Creating a CFD Trading Plan
When choosing a CFD trading strategy, new traders can easily become confused or even overwhelmed by all the variables and indicators available for consideration. While trading strategies can be complicated, it is often helpful to have at least one simple “go to” strategy to help you get started. This strategy should be a simple with an approach that you understand, and have the ability to replicate on a day to day basis. Today we are going to review the basics of creating a simple strategy for trending markets, by finding the trend then applying a MACD Oscillator. . Let’s get started!
Find the Trend
The key to any trend trading plan is to first find the market’s direction. If prices are heading higher, the trend is considered up. If prices are generally declining the trend is considered to be down. This is important because traders will only look to sell in a strong downtrend or place new buy orders when the trend is up. While there are many ways to find the trend, traders often employ a MVA (Simple Moving Average) to simplify the process. Let’s look at an example.
Below we have USOIL (WTI) on a 4Hour Chart. We can see the pair clearly making a series of lower lows and lower highs. This is the first sign that US Oil is trading in a strong downtrend. This analysis can be confirmed using a 200 MVA. Traditionally traders consider the trend to be bullish when price is above the 200 SMA and bearish if price resides under the indicator.
Given the information above, traders should look to sell USOil since price is currently below the 200 period MVA.
Entries with MACD
Once market direction is identified, we can then use an indicator to enter into the market. Below we can see the MACD oscillator again on a 4-Hour chart. Since we are only looking to sell in a downtrend, one tactic is to use MACD to sell a retracement. To do this, traders can look for the MACD line to cross above the zero line, then execute their orders when MACD closes back below zero. The idea behind this methodology is to enter the market, when momentum is heading back in the direction of the trend.

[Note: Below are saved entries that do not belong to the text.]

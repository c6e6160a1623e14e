-- ===== src/ClusterShape/Workers.antt =====
-- The shortcut `workers_to_add` of cli/src/domain/cluster_shape.rs: growing by its answer is enough.
use catallaxy.Prelude.{
  All-Mem, Mem-All, ℕ, ◌+◌, ◌-◌, ◌<◌, ◌≡◌, ◌≢◌, refl, Bool, true, false, not, inl, inr, some, List,
  [], ◌∷◌, sym, ◌==◌, eqb_iff, arith, all, All, Bool-cases, ltb, if◌then◌else◌, subst, ap,
}
use mathlib.Core.List.{Memᴰ}
use catallaxy.ClusterShape.{ClusterShape}
use catallaxy.ClusterShape.Report.{
  Fix, add_workers, add_servers, rebuild_only, new_cluster, Field, is_drifted, is_clean, fix_or_new,
  workers_to_add,
}
use catallaxy.ClusterShape.Compare.{
  texts, compare, compare_with, compare_counts, common_fields, k3d_fields, compare_shapes,
}
use catallaxy.ClusterShape.Fixes.{fixes-Answers, workers_to_add-only}
use catallaxy.ClusterShape.Clean.{IsSettled, is_clean-IsSettled, All-both, number_settled}

abbrev adds_workers : Fix → Bool
adds_workers (add_workers n) = true
adds_workers _ = false

-- If the field drifted, then adding the workers is its fix.
abbrev OnlyAdds : ℕ → Field → Type 0
OnlyAdds n f = is_drifted f.verdict ≡ true → fix_or_new f.fix ≡ add_workers n

only_fix : (fields : List Field) (n : ℕ) → workers_to_add fields ≡ some n → All (OnlyAdds n) fields
only_fix fields n h = All-Mem (OnlyAdds n) fields (λ f m drifts.
    let there =
      (fixes-Answers fields).enough (fix_or_new f.fix)
        (record { field = f; reported = m; drifts = drifts; remedy = refl }) in
    elim (subst (λ xs. Memᴰ (fix_or_new f.fix) xs) (workers_to_add-only fields n h) there) [
      | Memᴰ.head e ↦ e
      | Memᴰ.tail m ↦ elim m [ ]
    ])

not-IsSettled :
    (fields : List Field) (n : ℕ) → workers_to_add fields ≡ some n → ¬ All IsSettled fields
not-IsSettled fields n h s =
    let c = (fixes-Answers fields).needed (add_workers n) (
      subst (λ xs. Memᴰ (add_workers n) xs) (sym (workers_to_add-only fields n h))
        (Memᴰ.head refl)) in
    absurd (cc (Mem-All IsSettled fields c.field s c.reported, c.drifts))

settle : (n : ℕ) (f : Field) → OnlyAdds n f → adds_workers (fix_or_new f.fix) ≡ false → IsSettled f
settle n f only other = elim (Bool-cases (is_drifted f.verdict)) [
  | inr settled ↦ settled
  | inl drifts ↦ absurd (cc (ap adds_workers (only drifts), other))
]

settle_all :
    (n : ℕ) (fields : List Field)
    → All (OnlyAdds n) fields
    → all (λ f. not (adds_workers (fix_or_new f.fix))) fields ≡ true
    → All IsSettled fields
settle_all n [] only other = tt
settle_all n (f ∷ fields) only other =
    (settle n f only.0 (ground arith), settle_all n fields only.1 (ground arith))

adds_servers_only :
    (m k : ℕ) → adds_workers (if ltb k m then add_servers (m - k) else new_cluster) ≡ false
adds_servers_only m k = ground arith

module _ (d r : ClusterShape) (n : ℕ) where
  -- The shape after the workers have been added.
  abbrev pub grown : ClusterShape
  grown = record r { workers = r.workers + n }

  workers_grow :
      OnlyAdds n (compare_counts "cluster.kubernetes.workers" d.workers r.workers add_workers)
      → d.workers ≢ r.workers
      → (d.workers ≡ r.workers + n) × (0 < n)
  workers_grow only differ = ground (arith, eqb_iff d.workers r.workers)

  common_fields-IsSettled :
      (w : ℕ)
      → All (OnlyAdds n) (common_fields d r)
      → d.workers ≡ w
      → All IsSettled (common_fields d (record r { workers = w }))
  unfolding common_fields
  common_fields-IsSettled w (h₁, (h₂, (h₃, (h₄, (h₅, (h₆, (h₇, h₈))))))) e = (
    settle n (compare texts "cluster.provisioner" d.provisioner r.provisioner) h₁ refl,
    (
      settle n
          (compare_counts "cluster.kubernetes.controlPlanes" d.control_planes r.control_planes
            add_servers)
          h₂ (adds_servers_only d.control_planes r.control_planes),
      (
        (number_settled d.workers w).1 e,
        (
          settle n (compare texts "cluster.kubernetes.distribution" d.distribution r.distribution)
              h₄ refl,
          (
            settle n
                (compare_with texts "cluster.kubernetes.version" d.version r.version rebuild_only)
                h₅ refl,
            (
              settle n (compare texts "cluster.network.podSubnet" d.pod_subnet r.pod_subnet) h₆
                  refl,
              (
                settle n
                    (compare texts "cluster.network.serviceSubnet" d.service_subnet
                      r.service_subnet)
                    h₇ refl,
                tt,
              ),
            ),
          ),
        ),
      ),
    ),
  )

  compare_shapes-IsSettled_with :
      (w : ℕ)
      → All (OnlyAdds n) (compare_shapes d r)
      → d.workers ≡ w
      → All IsSettled (compare_shapes d (record r { workers = w }))
  unfolding compare_shapes k3d_fields
  compare_shapes-IsSettled_with w only e = elim (Bool-cases (d.provisioner == "k3d")) [
    | inr other ↦
        rw (other, compare_shapes)
          (common_fields-IsSettled w (rw (other, compare_shapes) at only) e)
    | inl same ↦
        let (common, k3d) =
          (All-both (OnlyAdds n) (common_fields d r) (k3d_fields d r)).0
            (rw (same, compare_shapes) at only) in
        rw (same, compare_shapes)
          ((All-both IsSettled (common_fields d (record r { workers = w }))
              (k3d_fields d (record r { workers = w }))).1
            (common_fields-IsSettled w common e, settle_all n (k3d_fields d r) k3d refl))
  ]

  workers_only :
      All (OnlyAdds n) (compare_shapes d r)
      → OnlyAdds n (compare_counts "cluster.kubernetes.workers" d.workers r.workers add_workers)
  unfolding compare_shapes common_fields
  workers_only only = elim (Bool-cases (d.provisioner == "k3d")) [
    | inr other ↦ (rw (other, compare_shapes) at only).1.1.0
    | inl same ↦ (rw (same, compare_shapes) at only).1.1.0
  ]

  -- If the report on two shapes says that adding n workers is all that is missing, then n is not
  -- zero, the declared number of workers is n above the recorded one, and the report on the same
  -- shapes after n workers have been added is clean.
  pub workers_to_add-Converges :
      workers_to_add (compare_shapes d r) ≡ some n
      → (0 < n) × (d.workers ≡ r.workers + n) × (is_clean (compare_shapes d grown) ≡ true)
  workers_to_add-Converges h =
      let only = only_fix (compare_shapes d r) n h in
      let (total, some_added) = workers_grow (workers_only only) (λ e.
        not-IsSettled (compare_shapes d r) n h (compare_shapes-IsSettled_with r.workers only e)) in
      (
        some_added,
        total,
        (is_clean-IsSettled (compare_shapes d grown)).1
            (compare_shapes-IsSettled_with (r.workers + n) only total),
      )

Below you will find several sample entries using the MACD indicator. The arrows below price have been included on the chart to better understand where execution may occur. Also notice how MACD is currently reading above the zero line. In the future if MACD again crosses below the zero line, it could signal another opportunity to sell USOIL using this entry methodology.
Now that a trade has been opened, traders need to have a plan to exit the market. This is extremely important because all trading carries a degree of risk! When trading in a strong trend, like our example today with USOIL, it is important to remember that the trend will eventually come to an end. In a downtrend stop orders can be placed over a previous swing high. Conversely, in an uptrend stop orders may be placed below a current swing low. The idea is, if you are selling a CFD like oil in a downtrend, trades should be exited at the first sign of the trend ending.
This is just one of many ways you can approach a simple trading strategy. The key to learning how to place orders while managing risk, in a manner that works for you, is to practice. Feel free to practice this simple CFD trading strategy, or even create your own, using a CFD Demo account. Many brokers offers demo accounts for free. This will allow you to get comfortable with the market as well as well as work on your trading techniques in real time!